▼▼▼

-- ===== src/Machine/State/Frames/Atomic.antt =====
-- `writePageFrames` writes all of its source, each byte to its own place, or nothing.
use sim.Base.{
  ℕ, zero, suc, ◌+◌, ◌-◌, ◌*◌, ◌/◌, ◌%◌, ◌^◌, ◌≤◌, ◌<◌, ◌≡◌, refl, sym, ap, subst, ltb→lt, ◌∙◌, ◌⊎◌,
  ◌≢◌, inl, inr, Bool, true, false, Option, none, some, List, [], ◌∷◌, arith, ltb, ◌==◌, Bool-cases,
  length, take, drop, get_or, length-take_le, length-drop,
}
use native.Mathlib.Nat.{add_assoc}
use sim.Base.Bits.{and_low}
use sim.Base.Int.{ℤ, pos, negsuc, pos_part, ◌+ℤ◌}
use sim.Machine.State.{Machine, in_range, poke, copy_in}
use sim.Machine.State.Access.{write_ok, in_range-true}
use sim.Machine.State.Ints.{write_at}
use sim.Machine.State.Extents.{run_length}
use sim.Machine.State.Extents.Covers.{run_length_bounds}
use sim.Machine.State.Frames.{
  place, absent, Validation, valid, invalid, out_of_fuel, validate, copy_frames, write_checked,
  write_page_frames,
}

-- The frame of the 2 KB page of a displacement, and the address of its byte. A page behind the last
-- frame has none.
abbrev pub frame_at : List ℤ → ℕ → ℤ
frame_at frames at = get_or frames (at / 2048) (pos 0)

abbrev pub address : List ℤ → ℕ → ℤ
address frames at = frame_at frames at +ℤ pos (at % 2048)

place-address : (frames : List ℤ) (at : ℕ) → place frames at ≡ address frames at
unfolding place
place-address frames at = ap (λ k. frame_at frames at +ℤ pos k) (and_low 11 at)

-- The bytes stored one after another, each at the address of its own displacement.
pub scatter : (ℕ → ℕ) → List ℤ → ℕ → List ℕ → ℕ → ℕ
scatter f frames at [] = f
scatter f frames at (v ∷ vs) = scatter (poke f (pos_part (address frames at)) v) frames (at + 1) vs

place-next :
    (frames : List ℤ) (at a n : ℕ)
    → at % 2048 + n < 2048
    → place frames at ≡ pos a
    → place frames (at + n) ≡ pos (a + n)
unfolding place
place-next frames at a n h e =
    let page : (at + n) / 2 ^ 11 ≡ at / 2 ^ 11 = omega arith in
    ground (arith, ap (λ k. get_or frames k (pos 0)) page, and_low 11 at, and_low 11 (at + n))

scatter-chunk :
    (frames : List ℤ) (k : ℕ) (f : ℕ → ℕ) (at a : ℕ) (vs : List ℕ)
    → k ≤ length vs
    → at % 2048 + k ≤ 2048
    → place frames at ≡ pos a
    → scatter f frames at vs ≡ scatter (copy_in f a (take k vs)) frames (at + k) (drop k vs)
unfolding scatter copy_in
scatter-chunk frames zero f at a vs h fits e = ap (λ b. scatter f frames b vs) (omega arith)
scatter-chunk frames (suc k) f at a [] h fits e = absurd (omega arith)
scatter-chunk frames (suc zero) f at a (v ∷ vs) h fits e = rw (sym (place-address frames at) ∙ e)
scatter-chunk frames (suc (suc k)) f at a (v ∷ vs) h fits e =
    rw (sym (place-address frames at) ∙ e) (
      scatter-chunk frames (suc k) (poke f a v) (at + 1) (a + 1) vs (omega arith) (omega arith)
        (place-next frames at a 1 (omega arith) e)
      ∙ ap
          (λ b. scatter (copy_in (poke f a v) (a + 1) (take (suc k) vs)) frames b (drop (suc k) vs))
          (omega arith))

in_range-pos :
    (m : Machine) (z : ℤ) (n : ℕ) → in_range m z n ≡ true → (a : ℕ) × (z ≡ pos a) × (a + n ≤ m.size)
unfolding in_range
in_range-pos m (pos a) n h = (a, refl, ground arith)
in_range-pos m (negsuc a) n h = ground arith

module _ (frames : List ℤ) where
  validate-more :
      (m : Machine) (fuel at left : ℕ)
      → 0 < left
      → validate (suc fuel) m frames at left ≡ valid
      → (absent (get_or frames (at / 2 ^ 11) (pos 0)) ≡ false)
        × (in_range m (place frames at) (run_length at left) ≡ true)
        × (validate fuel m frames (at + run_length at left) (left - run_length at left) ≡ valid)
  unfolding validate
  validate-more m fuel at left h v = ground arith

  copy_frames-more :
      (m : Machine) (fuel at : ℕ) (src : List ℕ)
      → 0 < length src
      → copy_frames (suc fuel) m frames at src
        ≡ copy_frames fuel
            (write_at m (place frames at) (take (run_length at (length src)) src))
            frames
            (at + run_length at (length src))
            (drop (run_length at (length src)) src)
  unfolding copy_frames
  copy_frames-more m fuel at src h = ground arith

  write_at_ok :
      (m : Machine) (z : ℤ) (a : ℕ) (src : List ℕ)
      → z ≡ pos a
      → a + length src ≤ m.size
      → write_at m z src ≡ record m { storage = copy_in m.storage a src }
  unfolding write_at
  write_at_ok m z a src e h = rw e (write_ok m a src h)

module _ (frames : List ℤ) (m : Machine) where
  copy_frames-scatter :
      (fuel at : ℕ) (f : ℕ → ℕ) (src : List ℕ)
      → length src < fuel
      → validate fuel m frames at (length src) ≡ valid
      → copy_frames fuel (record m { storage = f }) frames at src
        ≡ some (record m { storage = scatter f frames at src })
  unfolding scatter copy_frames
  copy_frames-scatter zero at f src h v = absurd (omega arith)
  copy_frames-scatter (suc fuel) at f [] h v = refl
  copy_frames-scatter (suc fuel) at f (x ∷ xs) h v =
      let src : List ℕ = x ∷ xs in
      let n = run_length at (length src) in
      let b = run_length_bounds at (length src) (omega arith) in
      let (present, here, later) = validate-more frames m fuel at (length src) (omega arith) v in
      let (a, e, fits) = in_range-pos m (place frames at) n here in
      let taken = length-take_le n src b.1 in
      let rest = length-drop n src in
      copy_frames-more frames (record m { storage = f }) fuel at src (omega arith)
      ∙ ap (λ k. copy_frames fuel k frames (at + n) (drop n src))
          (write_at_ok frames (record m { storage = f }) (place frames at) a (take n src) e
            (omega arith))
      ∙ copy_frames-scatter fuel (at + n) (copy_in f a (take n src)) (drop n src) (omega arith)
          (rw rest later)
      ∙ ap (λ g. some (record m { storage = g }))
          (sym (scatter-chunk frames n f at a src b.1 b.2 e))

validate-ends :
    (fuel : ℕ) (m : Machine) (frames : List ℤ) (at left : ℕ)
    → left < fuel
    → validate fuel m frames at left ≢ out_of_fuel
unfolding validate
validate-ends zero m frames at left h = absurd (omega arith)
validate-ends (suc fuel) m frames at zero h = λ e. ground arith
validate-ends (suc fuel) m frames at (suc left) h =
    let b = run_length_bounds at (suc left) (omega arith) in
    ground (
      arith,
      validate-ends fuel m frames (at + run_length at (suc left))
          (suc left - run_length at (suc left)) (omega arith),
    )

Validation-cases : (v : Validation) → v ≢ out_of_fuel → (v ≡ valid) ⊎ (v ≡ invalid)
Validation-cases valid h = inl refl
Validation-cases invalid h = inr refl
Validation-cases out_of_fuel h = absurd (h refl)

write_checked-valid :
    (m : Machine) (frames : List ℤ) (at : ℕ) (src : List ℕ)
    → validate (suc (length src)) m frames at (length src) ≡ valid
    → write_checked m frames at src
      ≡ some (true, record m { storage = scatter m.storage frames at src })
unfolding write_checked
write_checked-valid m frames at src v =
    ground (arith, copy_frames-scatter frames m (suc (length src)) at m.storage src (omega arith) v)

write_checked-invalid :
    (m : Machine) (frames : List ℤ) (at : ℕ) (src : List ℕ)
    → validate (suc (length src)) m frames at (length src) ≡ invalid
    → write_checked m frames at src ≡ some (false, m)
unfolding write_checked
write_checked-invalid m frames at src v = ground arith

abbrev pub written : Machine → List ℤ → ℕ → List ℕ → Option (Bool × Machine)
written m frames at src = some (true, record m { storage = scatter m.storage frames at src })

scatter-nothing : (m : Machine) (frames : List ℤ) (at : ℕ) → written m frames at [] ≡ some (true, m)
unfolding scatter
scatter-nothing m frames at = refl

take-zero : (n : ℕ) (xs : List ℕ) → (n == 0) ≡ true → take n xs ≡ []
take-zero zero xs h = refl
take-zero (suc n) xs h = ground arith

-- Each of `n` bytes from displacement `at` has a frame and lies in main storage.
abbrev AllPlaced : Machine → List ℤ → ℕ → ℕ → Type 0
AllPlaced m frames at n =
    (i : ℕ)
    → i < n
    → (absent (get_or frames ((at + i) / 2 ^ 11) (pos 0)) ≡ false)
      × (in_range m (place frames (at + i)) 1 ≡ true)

▲▲▲

TASK ITEM —
From the listing above, output exactly the run of lines that starts with the line containing "scatter-chunk frames (suc (suc" and ends with the line containing "(place-next frames at".

REPLY —
scatter-chunk frames (suc (suc k)) f at a (v ∷ vs) h fits e =
    rw (sym (place-address frames at) ∙ e) (
      scatter-chunk frames (suc k) (poke f a v) (at + 1) (a + 1) vs (omega arith) (omega arith)
        (place-next frames at a 1 (omega arith) e)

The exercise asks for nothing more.